An exponential function is a mathematical expression where a constant base is raised to the power of a variable. In the context of the fishery problem, the function used is \( P(t) = 1000e^{-0.5t} \). Here, the constant base is \( e \), which is approximately 2.71828.
This base is used because the function involves exponential decay, rather than growth. The exponent \(-0.5t\) dictates the rate at which the trout population decreases over time.

• \( e \) is a special mathematical constant known as Euler's number.
• \(-0.5t\) represents continuous decline, leading to a multiplicative decrease in the population over time.
• As \( t \) increases, \( P(t) \) decreases, indicative of fewer trout over time.

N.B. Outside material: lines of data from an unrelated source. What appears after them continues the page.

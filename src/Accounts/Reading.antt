-- ===== src/Accounts/Reading.antt =====
-- sdk/src/escrow/reader.ts: which bytes the readers read as which values.
use ppv.Base.{
  ℕ, ◌-◌, ◌^◌, ◌<◌, ◌≡◌, refl, sym, ap, ◌∙◌, arith, true, [], ◌∷◌, ◌++◌, length, list_eq, ==_iff,
  take_front, drop,
}
use ppv.Base.Result.{Result, ok, err}
use ppv.Base.Int.{ℤ, pos, negsuc}
use mathlib.Core.List.{append-nil, append_assoc}
use ppv.Base.Text.{Bytes, hex}
use ppv.Base58.{encode_base58}
use ppv.Escrow.States.{RangeError, MilestoneState, milestone_state_from_index, trailing_bytes}
use ppv.Escrow.Events.Reader.{
  Reader, ◌>>=◌, pure, take, pubkey, u8, u32, u64, i64, hex_32, milestone_state, skip, read_all,
  behind_discriminator, signed_64, safe_integer, le_value,
}
use ppv.Pdas.{le_bytes}
use ppv.Pdas.Seeds.{le_value-le_bytes, take-le_bytes}

-- The bytes are read as the value, whatever comes behind them.
abbrev pub ReadsAs : {A : Type 0} → Reader A → Bytes → A → Type 0
ReadsAs m bytes a = (rest : Bytes) → m (bytes ++ rest) ≡ ok (a, rest)

pub >>=-ReadsAs :
    {A B : Type 0} (m : Reader A) (f : A → Reader B) (xs ys : Bytes) (a : A) (b : B)
    → ReadsAs m xs a
    → ReadsAs (f a) ys b
    → ReadsAs (m >>= f) (xs ++ ys) b
>>=-ReadsAs m f xs ys a b h k rest = rw (append_assoc xs ys rest, h (ys ++ rest), ◌>>=◌) (k rest)

take-ReadsAs : (xs : Bytes) → ReadsAs (take (length xs)) xs xs
unfolding take
take-ReadsAs [] rest = refl
take-ReadsAs (x ∷ xs) rest = rw (take-ReadsAs xs rest) refl

-- Two's complement.
abbrev pub word_of : ℤ → ℕ
word_of (pos n) = n
word_of (negsuc n) = 2 ^ 64 - 1 - n

signed_64-word_of :
    (z : ℤ) → safe_integer z ≡ true → (word_of z < 2 ^ 64) × (signed_64 (word_of z) ≡ z)
signed_64-word_of (pos n) h = ground arith
signed_64-word_of (negsuc n) h = ground arith

-- A value that is made of what `take` gives.
taken-ReadsAs :
    {A : Type 0} (n : ℕ) (f : Bytes → A) (xs : Bytes)
    → length xs ≡ n
    → ReadsAs (take n >>= λ bytes. pure (f bytes)) xs (f xs)
taken-ReadsAs n f xs size rest =
    let e : take n (xs ++ rest) ≡ ok (xs, rest) =
      ap (λ (k : ℕ). take k (xs ++ rest)) (sym size) ∙ take-ReadsAs xs rest in
    rw (e, ◌>>=◌) refl

number-ReadsAs :
    (n v : ℕ) → v < 256 ^ n → ReadsAs (take n >>= λ bytes. pure (le_value bytes)) (le_bytes n v) v
number-ReadsAs n v h rest =
    rw (take-le_bytes n v rest, ◌>>=◌) (ap (λ (k : ℕ). ok (k, rest)) (le_value-le_bytes n v h))

pub u8-ReadsAs : (v : ℕ) → v < 256 → ReadsAs u8 (le_bytes 1 v) v
unfolding u8
u8-ReadsAs v h = number-ReadsAs 1 v h

pub u32-ReadsAs : (v : ℕ) → v < 2 ^ 32 → ReadsAs u32 (le_bytes 4 v) v
unfolding u32
u32-ReadsAs v h = number-ReadsAs 4 v h

pub u64-ReadsAs : (v : ℕ) → v < 2 ^ 64 → ReadsAs u64 (le_bytes 8 v) v
unfolding u64
u64-ReadsAs v h = number-ReadsAs 8 v h

pub i64-ReadsAs : (z : ℤ) → safe_integer z ≡ true → ReadsAs i64 (le_bytes 8 (word_of z)) z
unfolding i64
i64-ReadsAs z h rest =
    let (below, same) = signed_64-word_of z h in
    let safe : safe_integer (signed_64 (word_of z)) ≡ true = ap safe_integer same ∙ h in
    rw (u64-ReadsAs (word_of z) below rest, safe, ◌>>=◌) (ap (λ (t : ℤ). ok (t, rest)) same)

pub pubkey-ReadsAs : (key : Bytes) → length key ≡ 32 → ReadsAs pubkey key (encode_base58 key)
unfolding pubkey
pubkey-ReadsAs key h = taken-ReadsAs 32 encode_base58 key h

pub hash-ReadsAs : (hash : Bytes) → length hash ≡ 32 → ReadsAs hex_32 hash (hex hash)
unfolding hex_32
hash-ReadsAs hash h = taken-ReadsAs 32 hex hash h

pub skip-ReadsAs : (n : ℕ) (space : Bytes) → length space ≡ n → ReadsAs (skip n) space tt
unfolding skip
skip-ReadsAs n space h = taken-ReadsAs n (λ _. tt) space h

abbrev pub index_of_state : MilestoneState → ℕ
index_of_state MilestoneState.pending = 0
index_of_state MilestoneState.submitted = 1
index_of_state MilestoneState.approved = 2
index_of_state MilestoneState.settled = 3

pub state-ReadsAs : (s : MilestoneState) → ReadsAs milestone_state (le_bytes 1 (index_of_state s)) s
unfolding milestone_state u8 le_bytes milestone_state_from_index
state-ReadsAs MilestoneState.pending rest = refl
state-ReadsAs MilestoneState.submitted rest = refl
state-ReadsAs MilestoneState.approved rest = refl
state-ReadsAs MilestoneState.settled rest = refl

front-length :
    (d body : Bytes)
    → (take_front (length d) (d ++ body) ≡ d) × (drop (length d) (d ++ body) ≡ body)
front-length [] body = (refl, refl)
front-length (x ∷ d) body = let (a, b) = front-length d body in (ap (λ (t : Bytes). x ∷ t) a, b)

pub behind_discriminator-body :
    {A : Type 0} (d body : Bytes) (decode : Bytes → Result RangeError A)
    → length d ≡ 8
    → behind_discriminator d decode (d ++ body) ≡ decode body
behind_discriminator-body d body decode size =
    let (a, b) = front-length d body in
    let front : take_front 8 (d ++ body) ≡ d =
      ap (λ (n : ℕ). take_front n (d ++ body)) (sym size) ∙ a in
    let rest : drop 8 (d ++ body) ≡ body = ap (λ (n : ℕ). drop n (d ++ body)) (sym size) ∙ b in
    let same = (==_iff (take_front 8 (d ++ body)) d).1 front in rw same (ap decode rest)

pub read_all-ReadsAs :
    {A : Type 0} (m : Reader A) (xs : Bytes) (a : A) (b : ℕ) (more : Bytes)
    → ReadsAs m xs a
    → (read_all m xs ≡ ok a) × (read_all m (xs ++ b ∷ more) ≡ err trailing_bytes)
read_all-ReadsAs m xs a b more h =
    let whole : m xs ≡ ok (a, []) = ap m (sym (append-nil xs)) ∙ h [] in
    (rw (whole, read_all) refl, rw (h (b ∷ more), read_all) refl)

Population modeling involves using mathematical equations to predict how a population changes over time. In the case of the trout pond, the exponential function \( P(t) = 1000e^{-0.5t} \) models the population. This serves as a realistic framework to understand population decline.
The model assumes the trout die off following a specific exponential rule, represented by \(-0.5t\). This decline could be due to various factors:

• Fishing activities removing trout from the pond.
• High natural mortality perhaps due to unsuitable living conditions.

It is vital for managers of the fishery to monitor and adjust their practices based on the outcomes from such models. By understanding these factors, they can take corrective actions to maintain a sustainable population.

The natural logarithm, denoted by \( \ln \), is the inverse function of the exponential function. It helps solve equations where the variable is an exponent, such as determining when only 100 trout are left in the pond.
To find this time, the equation \( P(t) = 100 \) is set. This resolves as \( 100 = 1000e^{-0.5t} \). After simplification and using the natural logarithm:

• Divide by 1000 to isolate the exponential expression: \( 0.1 = e^{-0.5t} \).
• Apply \( \ln \) to both sides: \( \ln(0.1) = -0.5t \).
• Solve for \( t \) using: \( t = \frac{\ln(0.1)}{-0.5} \).

Using a calculator, \( \ln(0.1) \) gives a negative result, which fits the decline context as \( t \) will be positive, indicating it is a future time point where this critical level of 100 trout is reached. This illustrates the powerful role of logarithms in population modeling and analysis.